Why do coronavirus genomes encode so many more proteins than other RNA viruses? Coronavirus genomes are bigger than those of any other RNA virus, apart from those of related members of the Nidovirales order. The genomes are so large that they require genomic proofreading activity to avoid error catastrophe7. A large genome size may contribute to enhanced cross-species transmission, but, at present, this notion is speculative. In any case, an important question is to understand the function of the many non-structural proteins involved in virus replication. Development of a cell-free or entirely in vitro replication system would facilitate detailed probing of the role of individual proteins in replication and transmission. Efforts to develop such cell-free systems were initiated 40 years ago, but it is only in the past few years with the advent of cryo-electron microscopy and new biochemical approaches that progress has been made. These efforts are expected to complement studies in intact cells, which use high-resolution microscopy and related techniques to analyse macromolecular interactions and function at the subcellular level.

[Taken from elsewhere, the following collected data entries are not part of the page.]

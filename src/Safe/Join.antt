-- ===== src/Safe/Join.antt =====
-- The invariant through common/commandlist/Join.cpp.
use ft_irc.Server.Changes.{Keeps-Moves, Keeps-say}
use ft_irc.Safe.PartAll.{Keeps-part_all, Each-of-lookup}
use ft_irc.Server.Found.{Found-find_or_create, Found}
use ft_irc.Handlers.Access.{handle_join-admits}
use ft_irc.Server.Vacant.{IsVacant}
use ft_irc.Server.Inv.{Inv}
use ft_irc.Commands.Rooms.{join_channel, join_params, join, is_valid_channel_name}
use ft_irc.Parse.Message.{Message}
use ft_irc.Links.Join.{Moves-handle_join}
use ft_irc.Server.Keeps.{Keeps, Keeps-and, Keeps-refilled}
use ft_irc.Server.{on_heap, Server}
use ft_irc.Channel.{is_member, is_channel_empty, new_channel, is_full}
use ft_irc.Heap.{client, channel, Heap}
use ft_irc.Map.{text_key, nat_key}
use ft_irc.Handlers.Member.{handle_join}
use ft_irc.Heap.Quiet.{IsLiveClient, IsLiveChannel}
use ft_irc.Base.{
  Text, List, codes, text_eq, ℕ, ◌≡◌, arith, not, if_both, ◌∷◌, inl, inr, true, [], is_empty,
  contains, subst, ◌∙◌, not-false,
}

module _ (c : ℕ) where
  not_vacant : (h : Heap) (x : ℕ) → is_member (channel h x) c ≡ true → ¬ IsVacant h x
  unfolding is_channel_empty
  not_vacant h x m w = some_member (channel h x).members m w.1
    where
      some_member : (xs : List ℕ) → contains xs c ≡ true → ¬ (is_empty xs ≡ true)
      some_member [] n e = absurd (unfold contains in cc)
      some_member (y ∷ xs) n e = absurd (cc)

  -- Whoever comes first to a new channel is let in.
  new_admits :
      (h : Heap) (ch : ℕ) (name key : Text)
      → IsLiveChannel h ch
      → IsLiveClient h c
      → channel h ch ≡ new_channel name
      → is_member (channel (handle_join ch c key h) ch) c ≡ true
  new_admits h ch name key lc l new =
      handle_join-admits ch c h lc l key ∙ rw new (unfold new_channel is_full in ground arith)

  Keeps-let_in :
      (key name : Text) (s t : Server) (ch : ℕ)
      → Found name s t ch
      → IsLiveClient s.heap c
      → (client s.heap c).is_registered ≡ true
      → Keeps s (on_heap (handle_join ch c key) t)
  Keeps-let_in key name s t ch made l r =
      let l' = made.mostly.still_live c l in
      let r' = made.still_registered c r in
      elim made.old_or_new [
        | inl k ↦
            Keeps-and k
              (λ a. Keeps-Moves t _ a (Moves-handle_join ch c key t.heap made.there l' r'))
        | inr new ↦
            Keeps-refilled
              (Keeps-and made.mostly
                (λ a. Keeps-Moves t _ a (Moves-handle_join ch c key t.heap made.there l' r')))
              (λ x at_ch w.
                let same : ch ≡ x = ground (arith, at_ch) in
                filled x
                  (subst (λ y. is_member (channel (handle_join ch c key t.heap) y) c ≡ true) same
                    (new_admits t.heap ch name key made.there l' new))
                  w)
      ]
    where
      filled :
          (x : ℕ)
          → is_member (channel (handle_join ch c key t.heap) x) c ≡ true
          → ¬ IsVacant (on_heap (handle_join ch c key) t).heap x
      filled x m = unfold on_heap in not_vacant (handle_join ch c key t.heap) x m

  Keeps-join_channel :
      (name key : Text) (s : Server)
      → Inv s
      → IsLiveClient s.heap c
      → (client s.heap c).is_registered ≡ true
      → Keeps s (join_channel c name key s)
  unfolding join_channel
  Keeps-join_channel name key s v l r =
      if_both (Keeps s) (text_eq name (codes "0")) _ _
        (λ e.
          Keeps-part_all c _ s v l (v.linked.keys c)
            (Each-of-lookup c _ _ (v.linked.keys c) (λ n x q. q)))
        (λ e.
          if_both (Keeps s) (not (is_valid_channel_name name)) _ _ (λ n. Keeps-say s c _ v)
            (λ n. Keeps-let_in key name s _ _ (Found-find_or_create name s v (not-false _ n)) l r))

  Keeps-join_params :
      (params : List Text) (s : Server)
      → Inv s
      → IsLiveClient s.heap c
      → (client s.heap c).is_registered ≡ true
      → Keeps s (join_params c params s)
  unfolding join_params
  Keeps-join_params [] s v l r = Keeps-say s c _ v
  Keeps-join_params (name ∷ []) s v l r = Keeps-join_channel name [] s v l r
  Keeps-join_params (name ∷ key ∷ more) s v l r = Keeps-join_channel name key s v l r

  -- If the invariant holds and client c is there and registered, it holds after JOIN with any
  -- parameters, JOIN 0 included; the table of connections stays, and every client that is there
  -- stays, with its descriptor and read buffer; who has given the server's password then had
  -- given it before; and a channel that is without members then was so before.
  pub Keeps-join :
      (msg : Message) (s : Server)
      → Inv s
      → IsLiveClient s.heap c
      → (client s.heap c).is_registered ≡ true
      → Keeps s (join c msg s)
  unfolding join
  Keeps-join msg s v l r = Keeps-join_params msg.parameter s v l r
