-- ===== src/Safe/Lines.antt =====
-- The invariant through parse/Parser.cpp and parse/CommandRegistry.cpp.
use ft_irc.Server.Changes.{Keeps-say}
use ft_irc.Links.Moves.{nowhere}
use ft_irc.Base.{
  ℕ, Option-cases, Text, not, ◌&&◌, if_both, inl, inr, ◌≡◌, false, arith, refl, ap, ◌∙◌, some,
}
use ft_irc.Map.{lookup, text_key, nat_key}
use ft_irc.Heap.{client}
use ft_irc.Heap.Quiet.{IsLiveClient}
use ft_irc.Parse.Message.{Message, spliter}
use ft_irc.Server.{Server}
use ft_irc.Server.Inv.{Inv}
use ft_irc.Server.Keeps.{Keeps-refl, Mostly-of-Keeps, Mostly-allow, Mostly}
use ft_irc.Commands.{Command, execute, dispatch, operate, commands, need_login}
use ft_irc.Commands.{
  nick, pass, ping, pong, quit, user, invite, join, kick, mode, part, privmsg, topic,
}
use ft_irc.Safe.Session.{
  Keeps-nick, Keeps-pass, Keeps-ping, Keeps-pong, Keeps-quit, Keeps-user, Opens,
}
use ft_irc.Safe.Rooms.{Keeps-invite, Keeps-kick, Keeps-part, Keeps-privmsg, Keeps-topic}
use ft_irc.Safe.ModeCommand.{Keeps-mode}
use ft_irc.Safe.Join.{Keeps-join}

-- The client that may come to be trusted by a message, and by a line.
abbrev Authenticates : ℕ → Server → Message → ℕ → Type 0
Authenticates c s msg p = (lookup msg.command commands ≡ some pass) × Opens c msg s p

abbrev pub GivesPassword : ℕ → Server → Text → ℕ → Type 0
GivesPassword c s raw p = (msg : Message) × (spliter raw ≡ some msg) × Authenticates c s msg p

module _ (now c : ℕ) (s : Server) (v : Inv s) (l : IsLiveClient s.heap c) where
  pub Keeps-execute :
      (command : Command) (msg : Message)
      → (need_login command && not (client s.heap c).is_registered) ≡ false
      → Mostly nowhere (λ p. (command ≡ pass) × Opens c msg s p) s (execute command now c msg s)
  unfolding execute
  Keeps-execute nick msg g = Mostly-of-Keeps (Keeps-nick now c msg s v)
  Keeps-execute pass msg g = Mostly-allow (λ p g. (refl, g)) (Keeps-pass c msg s v)
  Keeps-execute ping msg g = Mostly-of-Keeps (Keeps-ping c msg s v)
  Keeps-execute pong msg g = Mostly-of-Keeps (Keeps-pong now c s v)
  Keeps-execute quit msg g = Mostly-of-Keeps (Keeps-quit now c msg s v)
  Keeps-execute user msg g = Mostly-of-Keeps (Keeps-user now c msg s v)
  Keeps-execute invite msg g = Mostly-of-Keeps (Keeps-invite c msg s v)
  Keeps-execute join msg g =
      Mostly-of-Keeps (Keeps-join c msg s v l (unfold need_login in ground (arith, g)))
  Keeps-execute kick msg g = Mostly-of-Keeps (Keeps-kick c msg s v)
  Keeps-execute mode msg g = Mostly-of-Keeps (Keeps-mode c msg s v)
  Keeps-execute part msg g = Mostly-of-Keeps (Keeps-part c s l v msg)
  Keeps-execute privmsg msg g = Mostly-of-Keeps (Keeps-privmsg c msg s v)
  Keeps-execute topic msg g = Mostly-of-Keeps (Keeps-topic c msg s v)

  -- If the invariant holds and client c is there, it holds after any message that c sends; the
  -- table of connections stays, and every client that is there stays, with its descriptor and
  -- read buffer; and a channel that is without members then was so before.
  Keeps-dispatch : (msg : Message) → Mostly nowhere (Authenticates c s msg) s (dispatch now c msg s)
  unfolding dispatch
  Keeps-dispatch msg = elim (Option-cases (lookup msg.command commands)) [
    | inl e ↦ rw (e, dispatch) (Keeps-say s c _ v)
    | inr (command, e) ↦
        rw (e, dispatch)
          (if_both (Mostly nowhere (Authenticates c s msg) s)
            (need_login command && not (client s.heap c).is_registered) _ _ (λ n. Keeps-say s c _ v)
            (λ n. Mostly-allow (λ p g. (e ∙ ap some g.0, g.1)) (Keeps-execute command msg n)))
  ]

  -- If the invariant holds and client c is there, it holds after any line that c sends; the
  -- table of connections stays, and every client that is there stays, with its descriptor and
  -- read buffer; who has given the server's password then had given it before, or is c and the
  -- line is PASS with that password; and a channel that is without members then was so before.
  pub Keeps-operate :
      (raw : Text) → Mostly nowhere (GivesPassword c s raw) s (operate now c raw s).1
  unfolding operate
  Keeps-operate raw = elim (Option-cases (spliter raw)) [
    | inl e ↦ rw (e, operate) (Mostly-of-Keeps (Keeps-refl s v))
    | inr (msg, e) ↦ rw (e, operate) (Mostly-allow (λ p g. (msg, e, g)) (Keeps-dispatch msg))
  ]
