-- ===== src/Safe/Receive.antt =====
-- The invariant through receiveData and its loop over the complete lines.
use ft_irc.Safe.Step.{
  Round-refl, Round-and, Round-of-Keeps, Round-on_client, Round-mark, Round, KeepsSelf,
}
use ft_irc.Server.People.{persona}
use ft_irc.Base.{
  ℕ, zero, suc, ◌<◌, ◌≡◌, refl, true, not, ◌&&◌, ◌||◌, if◌then◌else◌, if_both, Option-cases, inl,
  inr, Text, ltb, ◌▷◌, length, is_empty, codes, arith, find,
}
use ft_irc.Map.{lookup, has, nat_key, text_key}
use ft_irc.Map.Each.{Each-lookup}
use ft_irc.Client.{Client, pop_line, has_complete_line}
use ft_irc.Client.Lines.{length-pop_line, pop_line-links}
use ft_irc.Heap.{client, on_client}
use ft_irc.Heap.Quiet.{IsLiveClient, client-on_client}
use ft_irc.Server.{Server, on_heap}
use ft_irc.Server.Disconnect.{is_marked, mark_for_disconnection}
use ft_irc.Server.Inv.{Inv, ClientEntry}
use ft_irc.Commands.{operate}
use ft_irc.Loop.{
  process_lines, take_bytes, receive_data, Received, pop, failed, received, append_read,
}
use ft_irc.Client.{update_last_activity}
use ft_irc.Safe.Lines.{Keeps-operate}

pop_line-persona : (c : Client) → persona (pop_line c).1 ≡ persona c
unfolding pop_line
pop_line-persona c = elim (Option-cases (find b'\n' c.read_buffer)) [
  | inl f ↦ rw (f, pop_line) refl
  | inr (pos, f) ↦ rw (f, pop_line) refl
]

KeepsSelf-pop : KeepsSelf pop
KeepsSelf-pop = record {
  links = record {
    same_joined = λ c. (pop_line-links c).0;
    same_invited = λ c. (pop_line-links c).1;
    same_fd = λ c. (pop_line-links c).2;
  };
  same_persona = λ c. pop_line-persona c;
}

KeepsSelf-append_read : {bytes : Text} → KeepsSelf (append_read bytes)
KeepsSelf-append_read = record {
  links = record { same_joined = λ x. refl; same_invited = λ x. refl; same_fd = λ x. refl };
  same_persona = λ x. refl;
}

KeepsSelf-update : (now : ℕ) → KeepsSelf (update_last_activity now)
unfolding update_last_activity
KeepsSelf-update now = record {
  links = record { same_joined = λ x. refl; same_invited = λ x. refl; same_fd = λ x. refl };
  same_persona = λ x. refl;
}

module _ (now fd p : ℕ) where
  -- Handling one line.
  Round-line :
      (s : Server) (line : Text)
      → Inv s
      → IsLiveClient s.heap p
      → Round s (
          let s' = on_heap (on_client p pop) s in
          if is_empty line then s' else (operate now p line s').1)
  Round-line s line v l = Round-and (Round-on_client p pop s KeepsSelf-pop v) λ a.
      if_both (Round _) (is_empty line) _ _ (λ e. Round-refl _ a)
        (λ e.
          Round-of-Keeps (
            Keeps-operate now p _ a ((Round-on_client p pop s KeepsSelf-pop v).still_live p l)
              line))

  pub Round-process_lines :
      (fuel : ℕ) (s : Server)
      → Inv s
      → IsLiveClient s.heap p
      → Round s (process_lines fuel now fd p s)
  unfolding process_lines
  Round-process_lines zero s v l = Round-refl s v
  Round-process_lines (suc fuel) s v l =
      let first = Round-line s (pop_line (client s.heap p)).0 v l in
      if_both (Round s)
        (not (is_marked s fd) && has_complete_line (client s.heap p) && not (has fd s.closing)) _ _
        (λ go. Round-and first (λ a. Round-process_lines fuel _ a (first.still_live p l)))
        (λ stop. Round-refl s v)

  -- A line shortens the read buffer, and its command does not touch it.
  shorter :
      (s : Server) (line : Text)
      → Inv s
      → IsLiveClient s.heap p
      → has_complete_line (client s.heap p) ≡ true
      → length
          (client
            (let s' = on_heap (on_client p pop) s in
              if is_empty line then s' else (operate now p line s').1).heap
            p).read_buffer
        < length (client s.heap p).read_buffer
  shorter s line v l e =
      let popped = Round-on_client p pop s KeepsSelf-pop v in
      let step : length (client (on_heap (on_client p pop) s).heap p).read_buffer
          < length (client s.heap p).read_buffer =
        unfold on_heap in
        ground (arith, client-on_client p pop s.heap p l, length-pop_line (client s.heap p) e) in
      if_both
        (λ (t : Server).
          length (client t.heap p).read_buffer < length (client s.heap p).read_buffer)
        (is_empty line) _ _ (λ q. step)
        (λ q.
          rw
            ((Keeps-operate now p _ popped.inv (popped.still_live p l) line).same_buffer p
              (popped.still_live p l))
            step)

  -- If the invariant holds, client p is there and the fuel is more than the bytes in its read
  -- buffer, then after the loop over the lines the descriptor is marked, or p has no complete
  -- line left, or the descriptor is closing.
  pub process_lines-finishes :
      (fuel : ℕ) (s : Server)
      → Inv s
      → IsLiveClient s.heap p
      → length (client s.heap p).read_buffer < fuel
      → let t : Server = process_lines fuel now fd p s in
        (is_marked t fd || not (has_complete_line (client t.heap p)) || has fd t.closing) ≡ true
  unfolding process_lines
  process_lines-finishes zero s v l b = absurd (omega (arith, b))
  process_lines-finishes (suc fuel) s v l b =
      let line = (pop_line (client s.heap p)).0 in
      let first = Round-line s line v l in
      if_both
        (λ (t : Server).
          (is_marked t fd || not (has_complete_line (client t.heap p)) || has fd t.closing) ≡ true)
        (not (is_marked s fd) && has_complete_line (client s.heap p) && not (has fd s.closing)) _ _
        (λ go.
          process_lines-finishes fuel _ first.inv (first.still_live p l)
            (omega (arith, b, shorter s line v l (ground (arith, go)))))
        (λ stop. ground (arith, stop))

  abbrev two : Text → Server → Server
  two bytes s =
      on_heap (on_client p (append_read bytes)) s ▷ on_heap (on_client p (update_last_activity now))

  Round-take_bytes :
      (bytes : Text) (s : Server)
      → Inv s
      → IsLiveClient s.heap p
      → Round s (take_bytes now fd p bytes s)
  unfolding take_bytes update_last_activity
  Round-take_bytes bytes s v l =
      if_both (Round s) (is_empty bytes) _ _ (λ e. Round-mark fd _ s v)
        (λ e.
          if_both (Round s) (has fd s.closing) _ _ (λ q. Round-refl s v)
            (λ q.
              let both =
                Round-and (Round-on_client p (append_read bytes) s KeepsSelf-append_read v)
                  (λ a. Round-on_client p (update_last_activity now) _ (KeepsSelf-update now) a) in
              Round-and both (λ a.
                if_both (Round _)
                  (ltb 8192 (length (client (two bytes s).heap p).read_buffer)
                    && not (has_complete_line (client (two bytes s).heap p)))
                  _ _ (λ n. Round-mark fd _ _ a)
                  (λ n. Round-process_lines _ _ a (both.still_live p l)))))

-- If the invariant holds, it holds after receiving on any descriptor, whatever `recv` reports;
-- the table of connections stays, and every client that is there stays; and a channel that is
-- without members then was so before.
pub Round-receive_data :
    (now fd : ℕ) (r : Received) (s : Server) → Inv s → Round s (receive_data now fd r s)
unfolding receive_data
Round-receive_data now fd r s v = elim (Option-cases (lookup fd s.clients)) [
  | inl e ↦ rw (e, receive_data) (Round-refl s v)
  | inr (p, e) ↦
      rw (e, receive_data)
        (by_report p r (Each-lookup (ClientEntry s.heap) fd p s.clients v.clients_in e).0)
]
  where
    by_report :
        (p : ℕ) (q : Received)
        → IsLiveClient s.heap p
        → Round s (elim q [
          | failed ↦ mark_for_disconnection fd (codes "Receive error") s
          | received bytes ↦ take_bytes now fd p bytes s
        ])
    by_report p failed l = Round-mark fd _ s v
    by_report p (received bytes) l = Round-take_bytes now fd p bytes s v l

Related to the previous question, why do coronaviruses encode so many proteins with apparent immunoevasive function? Coronaviruses encode a variable number of accessory proteins, the genes of which are intermingled within the structural protein genes located at the 3′ end of the genome. For example, SARS-CoV-2 encodes at least six such proteins, with several other putative open reading frames in the genome hypothesized to be expressed and have immunoevasive properties8. Confusingly, these genes are often deleted in viruses isolated from infected animals, without apparent loss of virulence. This was shown most clearly in the case of MERS-CoV, in which diverse deletions and insertions in accessory genes were detected in some isolates obtained in Africa from camels, the primary host of the virus9. These genetic changes may have unpredictable consequences for virus transmissibility or pathogenesis. Deletion of these genes occasionally leads to increased virulence10. The variable and sometimes unexpectedly high numbers of these proteins suggest that they have redundant and, perhaps, additional functions. Such redundancy could contribute to cross-species transmission. The genetic instability of MERS-CoV camels in Africa therefore needs to be monitored and evidence for human spillover needs to be continually assessed.

Predictive evolution

Can coronavirus evolution in infected human or other animal hosts be predicted? Coronaviruses readily mutate and recombine as they adapt to a new host. This is well illustrated by the COVID-19 pandemic, in which ancestral strains of SARS-CoV-2 initially mutated to better infect humans, and later evolved to evade the human immune response, generating a series of variants of concern. Several studies have modelled SARS-CoV-2 evolution but so far it has not been possible to predict how the virus will evolve in the future. Such predictive modelling is recognized to be difficult, but would be very useful in the present pandemic as well as in future coronavirus outbreaks or pandemics for vaccine development, for anticipating clinical disease and pathogenesis, and for risk assessment of animal viruses with zoonotic potential.